First deliveries of “Mongol93” hit the market in May 2013. With its plans to build a domestic refinery delayed, Mongolia has agreed to swap crude for refined fuel with PetroChina, a subsidiary of China National Offshore Oil Corp. This new import source, though still expensive, should reduce Rosneft’s leverage at the trading table. Even a domestic refinery, however, would still rely on imports of Russian crude. In the long term, only the development of expensive coal-to-liquid (CTL) plants would move Mongolia towards self-reliance.
As Mongolia’s oil production steadily increases – rising from 2.2m barrels in 2010 to 5.1m in 2013 and set for 7.1m by 2017, according to the Petroleum Authority of Mongolia (PAM) – authorities are seeking better terms on imported fuel.

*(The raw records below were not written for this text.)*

-- ===== src/Morenos/Engine/Pending.antt =====
-- The events that wait, and what the ones that are due do.
use radar_software.Prelude.{
  ℕ, ◌+◌, ◌%◌, ◌≤◌, ◌≡◌, refl, Bool, false, List, [], ◌∷◌, ◌++◌, arith, ltb, ◌==◌, inl, inr,
  Bool-cases, All, All-append, Any, Any-filter-cons, lt→ltb, ==-false→ne, filter, ◌⊎◌, ltb→lt,
}
use radar_software.Double.{Double}
use radar_software.Morenos.Query.{Query}
use radar_software.Morenos.PriorityQueue.{IsSorted}
use radar_software.Morenos.EventQueue.{Event, EventQueue, trigger}
use radar_software.Morenos.Scheduler.{Scheduler}
use radar_software.Morenos.Scheduler.Total.{IsPlannable}
use radar_software.Morenos.Engine.{Action, add_queries, stop, Engine, time_step, exec_events}

module _ (double : Double) where
  open double use {D}

  -- The queries that an event adds are plannable.
  abbrev pub AddsPlannable : Action D → Type 0
  AddsPlannable (add_queries queries) = All (IsPlannable double) queries
  AddsPlannable stop = Unit

  -- An event is not overdue, stands at a round, and adds plannable queries.
  pub record IsPending (time : ℕ) (ev : Event (Action D)) : Type 0 where
    pub not_overdue : time ≤ ev.trigger_time
    pub at_round : ev.trigger_time % time_step ≡ 0
    pub plannable : AddsPlannable ev.exec

  -- The invariant of the loop.
  pub record IsReady (e : Engine D) : Type 0 where
    pub at_round : e.model_time % time_step ≡ 0
    pub sorted : IsSorted trigger e.ev_queue
    pub pending : All (IsPending e.model_time) e.ev_queue
    pub plannable : All (IsPlannable double) e.shed.queries

  -- What an event executes.
  Action-cases :
      (action : Action D)
      → ((queries : List (Query D)) × (action ≡ add_queries queries)) ⊎ (action ≡ stop)
  Action-cases (add_queries queries) = inl (queries, refl)
  Action-cases stop = inr refl

  pub exec_events-IsPlannable :
      (time : ℕ) (events : List (Event (Action D))) (shed : Scheduler D) (running : Bool)
      → All (IsPending time) events
      → All (IsPlannable double) shed.queries
      → All (IsPlannable double) (exec_events events (shed, running)).0.queries
  unfolding exec_events
  exec_events-IsPlannable time [] shed running p a = a
  exec_events-IsPlannable time (ev ∷ events) shed running p a = elim (Action-cases ev.exec) [
    | inl (queries, e) ↦ rw e (
        exec_events-IsPlannable time events (record shed { queries = shed.queries ++ queries })
          running p.1
          (All-append (IsPlannable double) shed.queries queries a (rw e at p.0.plannable)))
    | inr e ↦ rw e (exec_events-IsPlannable time events shed false p.1 a)
  ]

  -- The event stops the program at time `stop_time`.
  abbrev pub StopsAt : ℕ → Event (Action D) → Type 0
  StopsAt stop_time ev = (ev.trigger_time ≡ stop_time) × (ev.exec ≡ stop)

  exec_events-stopped :
      (events : List (Event (Action D))) (shed : Scheduler D)
      → (exec_events events (shed, false)).1 ≡ false
  unfolding exec_events
  exec_events-stopped [] shed = refl
  exec_events-stopped (ev ∷ events) shed = elim (Action-cases ev.exec) [
    | inl (queries, e) ↦
        rw e (exec_events-stopped events (record shed { queries = shed.queries ++ queries }))
    | inr e ↦ rw e (exec_events-stopped events shed)
  ]

  pub exec_events-stop :
      (stop_time : ℕ) (events : List (Event (Action D))) (shed : Scheduler D) (running : Bool)
      → Any (StopsAt stop_time) events
      → (exec_events events (shed, running)).1 ≡ false
  unfolding exec_events
  exec_events-stop stop_time [] shed running h = absurd h
  exec_events-stop stop_time (ev ∷ events) shed running (inl h) =
      rw h.1 (exec_events-stopped events shed)
  exec_events-stop stop_time (ev ∷ events) shed running (inr h) = elim (Action-cases ev.exec) [
    | inl (queries, e) ↦ rw e (
        exec_events-stop stop_time events (record shed { queries = shed.queries ++ queries })
          running h)
    | inr e ↦ rw e (exec_events-stop stop_time events shed false h)
  ]

  -- The stop event is due now, or stays in the queue.
  pub stop_due_or_kept :
      (stop_time time : ℕ) (queue : EventQueue (Action D))
      → All (IsPending time) queue
      → Any (StopsAt stop_time) queue
      → Any (StopsAt stop_time) (filter (λ ev. ev.trigger_time == time) queue)
        ⊎ Any (StopsAt stop_time) (filter (λ ev. ltb time ev.trigger_time) queue)
  stop_due_or_kept stop_time time [] p h = absurd h
  stop_due_or_kept stop_time time (ev ∷ queue) p (inl h) =
      elim (Bool-cases (ev.trigger_time == time)) [
        | inl e ↦ inl (rw e (inl h))
        | inr e ↦ inr (
            rw (lt→ltb time ev.trigger_time (omega (arith, p.0.not_overdue, ==-false→ne _ _ e)))
              (inl h))
      ]
  stop_due_or_kept stop_time time (ev ∷ queue) p (inr h) =
      elim (stop_due_or_kept stop_time time queue p.1 h) [
        | inl d ↦
            inl
              (Any-filter-cons (StopsAt stop_time) (λ other. other.trigger_time == time) ev queue d)
        | inr k ↦
            inr (
              Any-filter-cons (StopsAt stop_time) (λ other. ltb time other.trigger_time) ev queue k)
      ]

  -- The later events are pending at the next round.
  pub IsPending-next :
      (time : ℕ) (queue : EventQueue (Action D))
      → time % time_step ≡ 0
      → All (IsPending time) queue
      → All (IsPending (time + time_step)) (filter (λ ev. ltb time ev.trigger_time) queue)
  IsPending-next time [] m p = tt
  IsPending-next time (ev ∷ queue) m p = elim (Bool-cases (ltb time ev.trigger_time)) [
    | inl e ↦ rw e (
      record {
        not_overdue = omega (arith, ltb→lt _ _ e, p.0.at_round, m);
        at_round = p.0.at_round;
        plannable = p.0.plannable;
      },
      IsPending-next time queue m p.1,
    )
    | inr e ↦ rw e (IsPending-next time queue m p.1)
  ]

  -- The program is stopped, or will be by an event at `stop_time`.
  abbrev pub WillStop : ℕ → Engine D → Type 0
  WillStop stop_time e = (e.running ≡ false) ⊎ Any (StopsAt stop_time) e.ev_queue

Under the March 2013 agreement, PAM will trade 70,098 barrels of crude a month for the same amount in Euro-3-compliant petrol (named Mongol93 after the Khukh-Khot refinery in Inner Mongolia). From May 2013, imports of lower-grade Euro-2 from Rosneft (called AI92) receive a discount of $100-150. During the prime minister’s visit to China that October, plans were announced to boost imports to 35, 000-40,000 tonnes a month once import infrastructure is upgraded. Crucial to this is an upgrade of the ZamynUud/Erenhot fuel trans-shipment depot from 6000 cu metres to 16,000, which the Mongolian government is undertaking at a cost of $4m and is due to finish in 2014. Chinese imports, handled by Shunkhlai, Magnai Trade and NIC (a subsidiary of Petrovis), have already multiplied Mongolia’s sources. Russia’s share of imports dropped from 99.1% in 2010 to 76.5% in the first 11 months of 2013, according to PAM, while China’s rose from 0.9% to 5.1%. The balance is supplied by Belarus (9.3% in the year to November 2013), South Korea (7.2%), Lithuania (0.8%), Malaysia (0.5%), Latvia (0.3%) and Singapore (0.2%), according to PAM.
As an interim measure, the government is keen to develop mid-stream processing. A key plank of its four-year Action Plan to 2016 is to build a refinery in Darkhan, designed to process 2m tonnes of crude a year – more than Mongolia’s 1.1m-tonne consumption in 2012. A feasibility study by Japan’s Marubeni and Toyo Engineering in November 2013 involves a public-private partnership of Petrovis, MT and Just Oil, named Darkhan Oil Refinery. Pending parliamentary approval, construction is to start in 2014, but as of late 2013 the economics were still unclear. The refinery is meant to handle a blend of 60% imports from Russian Transneft’s Eastern Siberia-Pacific Ocean and 40% Mongolian crude. Yet though Darkhan was chosen for being near to the Russian border, the pipelines linking producing fields in eastern Mongolia will add to the refinery’s cost, conservatively budgeted at $600m.
Coal – Lateral
The long-term plan is to build CTL plants to use Mongolia’s abundant reserves of coal. Three projects have been mooted so far: Mongolyn Alt (MAK) has plans for two such plants – one at Choibalsan using brown coal reserves to produce 93-benzine, and one at its flagship Naryn Sukhait in south Gobi to produce diesel for trucks catering to southern mining projects. MCS, meanwhile, formed a joint venture with South Korea’s POSCO to develop one near its Baganuur mine to produce 100,000 tonnes of dimethyl ether (cheaper and cleaner than liquefied petroleum gas) and 450,000 tonnes of diesel a year. As of December 2013, MAK’s feasibility study was approved by government, but the other two were still pending. Coal to gas is a fourth option: in October 2013, the Ministry of Mining signed a loose memorandum of understanding with Sinopec to develop a $1bn brown coal gasification plant that would transform 50m tonnes of coal into 15bn tonnes of gas fuel a year. While such processes are expensive – the start-up cost for one CTL plant is more than $3bn – the high price Mongolia pays for imports could render the project feasible (the MAK study found that the Choibalsan site would halve the current retail price). For any of these projects, though, lead times are long – usually two to three years following regulatory approval, making domestic refining unlikely until 2017.